Safety findings in this study were consistent with the known safety profile of tocilizumab. The rate of serious infection was higher in tocilizumab-treated patients (7.87 vs 1.20), although there were no occurrences of opportunistic infections—including tuberculosis—reported during the trial. Four neoplasms were reported in the tocilizumab group and three in the placebo group; there were no cases of gastrointestinal perforations in either arm.
There was no clinical evidence of liver injury or clinical hepatitis following treatment with tocilizumab. Mean lipid levels increased in patients treated with tocilizumab compared with placebo, but the clinical relevance of these lipid elevations is unclear in the RA population at this time.
While a number of clinical trials have been conducted in studying the efficacy and safety of tocilizumab with DMARD, this is the first report of efficacy and safety data in a US population. In addition, we attempted to identify a population in routine care who may be treated with not only methotrexate but other DMARD, with the subsequent addition of tocilizumab to improve outcomes given an inadequate response with previous therapy. The substudy group with disease activity measurements very early at 1 week after treatment is also unique and provides useful information for practising rheumatologists about the time to treatment response. As in other randomised clinical trials, the study has similar limitations including restrictions on patient enrolment, lack of major comorbidities represented among the treated patients, limited use of additional medications and strict dosing regimens. These limitations may potentially have an impact on the results.

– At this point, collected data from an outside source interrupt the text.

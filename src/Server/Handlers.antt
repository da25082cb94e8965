-- ===== src/Server/Handlers.antt =====
-- MsgServer::processHeartbeatReq, processQueryAllReq, processQuerySingleTaskReq,
-- processTaskActionReq and createFailMsg of src/task_msg.cpp.
use task_monitor.Base.{
  ℕ, zero, suc, List, [], ◌∷◌, Bool, Option, none, some, if◌then◌else◌, pos, to_u32, take, ◌&&◌,
}
use task_monitor.Ring.{RingBuf}
use task_monitor.Json.{Json, Alloc, codes, add_number, add_string}
use task_monitor.Msg.{
  EventErr, HeartbeatReq, HeartbeatRsp, TaskSimpleInfo, TaskAllRsp, TaskSingleReq, TaskDetailInfo,
  TaskActionReq,
}
use task_monitor.Server.{MsgServer}

-- A parsed request, or the code of the early return.
pub data Checked (A : Type 0) : Type 0 where
  ok : A → Checked A
  err : EventErr → Checked A

infixl 5 ◌>>=◌
abbrev pub ◌>>=◌ : {A B : Type 0} → Checked A → (A → Checked B) → Checked B
ok a >>= f = f a
err e >>= f = err e

-- What a handler leaves behind: the text of the reply, or an error code. `fault`: it read past the
-- end of the array that the callback returned.
pub data Handled : Type 0 where
  replied : List ℕ → Handled
  refused : EventErr → Handled
  fault : Handled

-- strncpy(dst, src, sizeof(dst) - 1) into zeroed memory.
unfoldable pub strncpy : List ℕ → ℕ → List ℕ
strncpy src n = take n src

module _ (js : Json) where
  open js use {
    Value, of_int, is_object, is_number, is_string, get_object_item, valueint, valuedouble,
    valuestring, create_object, create_array, add_item_to_object, add_item_to_array, print,
  }

  -- `!data || data->type != cJSON_Object`
  abbrev pub checked_object : Option Value → Checked Value
  checked_object none = err EventErr.parse
  checked_object (some d) = if is_object d then ok d else err EventErr.parse

  -- `!item || item->type != cJSON_Number`
  abbrev pub checked_number : Option Value → Checked Value
  checked_number none = err EventErr.parse
  checked_number (some v) = if is_number v then ok v else err EventErr.parse

  abbrev pub checked_string : Option Value → Checked Value
  checked_string none = err EventErr.parse
  checked_string (some v) = if is_string v then ok v else err EventErr.parse

  -- cJSON_AddNumberToObject of a `uint32_t`.
  abbrev pub add_u32 : Value → List ℕ → ℕ → Value
  add_u32 o k n = add_number js o k (of_int (pos n))

  -- The tree of a failure.
  abbrev pub fail_tree : ℕ → Value
  fail_tree errcode = add_u32 create_object (codes "ret") errcode

  -- `none`: no message could be made, and the caller's pointer stays null.
  unfoldable pub create_fail_msg : Alloc → ℕ → Option (List ℕ)
  create_fail_msg alloc errcode =
      if alloc 0 && alloc 1 then some (print (fail_tree errcode)) else none

  -- The common end of the handlers: a root with "ret" 0 and the data, printed.
  abbrev pub success_tree : Value → Value
  success_tree d = add_item_to_object (add_u32 create_object (codes "ret") 0) (codes "data") d

  abbrev pub finish : Bool → Value → Handled
  finish print_ok root = if print_ok then replied (print root) else refused EventErr.mem

  -- Root and data object, filled and printed, where the memory is there.
  abbrev pub reply_with : Alloc → Value → Handled
  reply_with alloc d =
      if alloc 0
      then (if alloc 1 then finish (alloc 2) (success_tree d) else refused EventErr.mem)
      else refused EventErr.mem

  unfoldable pub parse_heartbeat_req : Option Value → Checked (HeartbeatReq js)
  parse_heartbeat_req item = do
    d ← checked_object item
    pid ← checked_number (get_object_item d (codes "pid"))
    heartbeat ← checked_number (get_object_item d (codes "hearbeat"))
    ok (record { pid = to_u32 (valueint pid); heartbeat = valuedouble heartbeat })

  abbrev pub heartbeat_tree : HeartbeatRsp js → Value
  heartbeat_tree rsp =
      add_number js (add_u32 create_object (codes "pid") rsp.pid) (codes "heartbeat") rsp.heatbeat

  unfoldable pub heartbeat_reply : Alloc → EventErr → Option (HeartbeatRsp js) → Handled
  heartbeat_reply alloc EventErr.succ none = refused EventErr.mem
  heartbeat_reply alloc EventErr.succ (some rsp) = reply_with alloc (heartbeat_tree rsp)
  heartbeat_reply alloc ret _ = refused ret

  abbrev pub simple_tree : TaskSimpleInfo → Value
  simple_tree info =
      add_string js
        (add_u32 (add_string js create_object (codes "name") info.name) (codes "pid") info.pid)
        (codes "status") info.status

  -- The loop over taskList[i], `left` rounds from the end; `n` counts the allocations made.
  unfoldable pub fill_array : Alloc → ℕ → ℕ → List TaskSimpleInfo → Value → Handled
  fill_array alloc n zero infos array = finish (alloc n) (success_tree array)
  fill_array alloc n (suc left) [] array = if alloc n then fault else refused EventErr.mem
  fill_array alloc n (suc left) (info ∷ infos) array =
      let rest = fill_array alloc (suc n) left infos (add_item_to_array array (simple_tree info)) in
      if alloc n then rest else refused EventErr.mem

  unfoldable pub query_all_reply : Alloc → EventErr → Option TaskAllRsp → Handled
  unfolding fill_array
  query_all_reply alloc EventErr.succ none = refused EventErr.mem
  query_all_reply alloc EventErr.succ (some rsp) =
      if alloc 0
      then (if alloc 1
          then fill_array alloc 2 rsp.count rsp.task_list create_array
          else refused EventErr.mem)
      else refused EventErr.mem
  query_all_reply alloc ret _ = refused ret

  -- By name only where there is no pid.
  abbrev pub single_by_name : Value → Checked TaskSingleReq
  single_by_name d = do
    name ← checked_string (get_object_item d (codes "name"))
    ok (record { pid = 0; name = strncpy (valuestring name) 31 })

  abbrev pub single_by : Value → Option Value → Checked TaskSingleReq
  single_by d none = single_by_name d
  single_by d (some pid) = do
    pid ← checked_number (some pid)
    ok (record { pid = to_u32 (valueint pid); name = [] })

  unfoldable pub parse_single_req : Option Value → Checked TaskSingleReq
  unfolding strncpy
  parse_single_req item = do d ← checked_object item; single_by d (get_object_item d (codes "pid"))

  abbrev pub detail_tree : TaskDetailInfo js → Value
  detail_tree info =
      let o = add_u32 create_object (codes "pid") info.pid in
      let o = add_string js o (codes "name") info.name in
      let o = add_string js o (codes "param") info.param in
      let o = add_string js o (codes "status") info.status in
      add_number js o (codes "heartbeat") info.heartbeat

  unfoldable pub single_reply : Alloc → EventErr → Option (TaskDetailInfo js) → Handled
  single_reply alloc EventErr.succ none = refused EventErr.mem
  single_reply alloc EventErr.succ (some info) = reply_with alloc (detail_tree info)
  single_reply alloc ret _ = refused ret

  unfoldable pub parse_action_req : Option Value → Checked TaskActionReq
  parse_action_req item = do
    d ← checked_object item
    pid ← checked_number (get_object_item d (codes "pid"))
    action ← checked_number (get_object_item d (codes "hearbeat"))
    ok (record { pid = to_u32 (valueint pid); name = []; action = valueint action })

  unfoldable pub action_reply : Alloc → EventErr → Handled
  action_reply alloc EventErr.succ =
      if alloc 0
      then finish (alloc 1) (add_u32 create_object (codes "ret") 0)
      else refused EventErr.mem
  action_reply alloc ret = refused ret

  module _ (rb : RingBuf) (W U : Type 0) where
    abbrev Server : Type 0
    Server = MsgServer js rb W U

    unfoldable pub process_heartbeat_req : Server → Alloc → Option Value → W → Handled × W
    unfolding parse_heartbeat_req heartbeat_reply
    process_heartbeat_req s alloc item w = elim (parse_heartbeat_req item) [
      | err e ↦ (refused e, w)
      | ok req ↦ elim s.event_cb.heartbeat [
        | none ↦ (refused EventErr.unprocess, w)
        | some cb ↦
            let (ret, rsp, w') = cb req s.user_data.heartbeat w in
            (heartbeat_reply alloc ret rsp, w')
      ]
    ]

    -- This handler looks at no data.
    unfoldable pub process_query_all_req : Server → Alloc → W → Handled × W
    unfolding query_all_reply
    process_query_all_req s alloc w = elim s.event_cb.query_all [
      | none ↦ (refused EventErr.unprocess, w)
      | some cb ↦
          let (ret, rsp, w') = cb tt s.user_data.query_all w in (query_all_reply alloc ret rsp, w')
    ]

    -- The user data is that of EVENT_TYPE_QUERY_ALL.
    unfoldable pub process_query_single_task_req : Server → Alloc → Option Value → W → Handled × W
    unfolding parse_single_req single_reply
    process_query_single_task_req s alloc item w = elim (parse_single_req item) [
      | err e ↦ (refused e, w)
      | ok req ↦ elim s.event_cb.query_task [
        | none ↦ (refused EventErr.unprocess, w)
        | some cb ↦
            let (ret, rsp, w') = cb req s.user_data.query_all w in (single_reply alloc ret rsp, w')
      ]
    ]

    -- So it is here.
    unfoldable pub process_task_action_req : Server → Alloc → Option Value → W → Handled × W
    unfolding parse_action_req action_reply
    process_task_action_req s alloc item w = elim (parse_action_req item) [
      | err e ↦ (refused e, w)
      | ok req ↦ elim s.event_cb.task_action [
        | none ↦ (refused EventErr.unprocess, w)
        | some cb ↦
            let (ret, _, w') = cb req s.user_data.query_all w in (action_reply alloc ret, w')
      ]
    ]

In conclusion, these data suggest tocilizumab, an anti-IL-6R monoclonal antibody, has early and sustained efficacy in patients with RA who have failed to respond adequately to previous DMARD therapy.
Funding This study was funded by Roche. Support for third-party writing assistance for this manuscript, furnished by Marci Mikesell, PhD, was provided by Embryon. Third-party writing assistance for this paper was provided by F Hoffmann-La Roche.
Competing interests YY has received research grants and consulting fees from Genentech, a member of the Roche Group. He has received consulting fees from Bristol-Myers Squibb, Celgene, Centocor and UCB and has ownership/partnership in UCB. YY is a speaker for Bristol-Myers Squibb and Pfizer. JRC has received research grants and consulting fees from Amgen, Centocor, Corrona, Abbott, Roche and UCB. AI is a speaker for Amgen and Wyeth Pharmaceuticals. HB has received research grants and consulting fees from Roche. He is also a speaker for Roche. RLM is an employee of Genentech. LLT is a consultant of Roche. AK has received research grants and consulting fees from Roche.
Ethics approval This study was conducted with the approval of the ROSE protocol and study design were approved by a central institutional review board and by individual institutional review boards.
Patient consent Obtained.
Provenance and peer review Not commissioned; externally peer reviewed.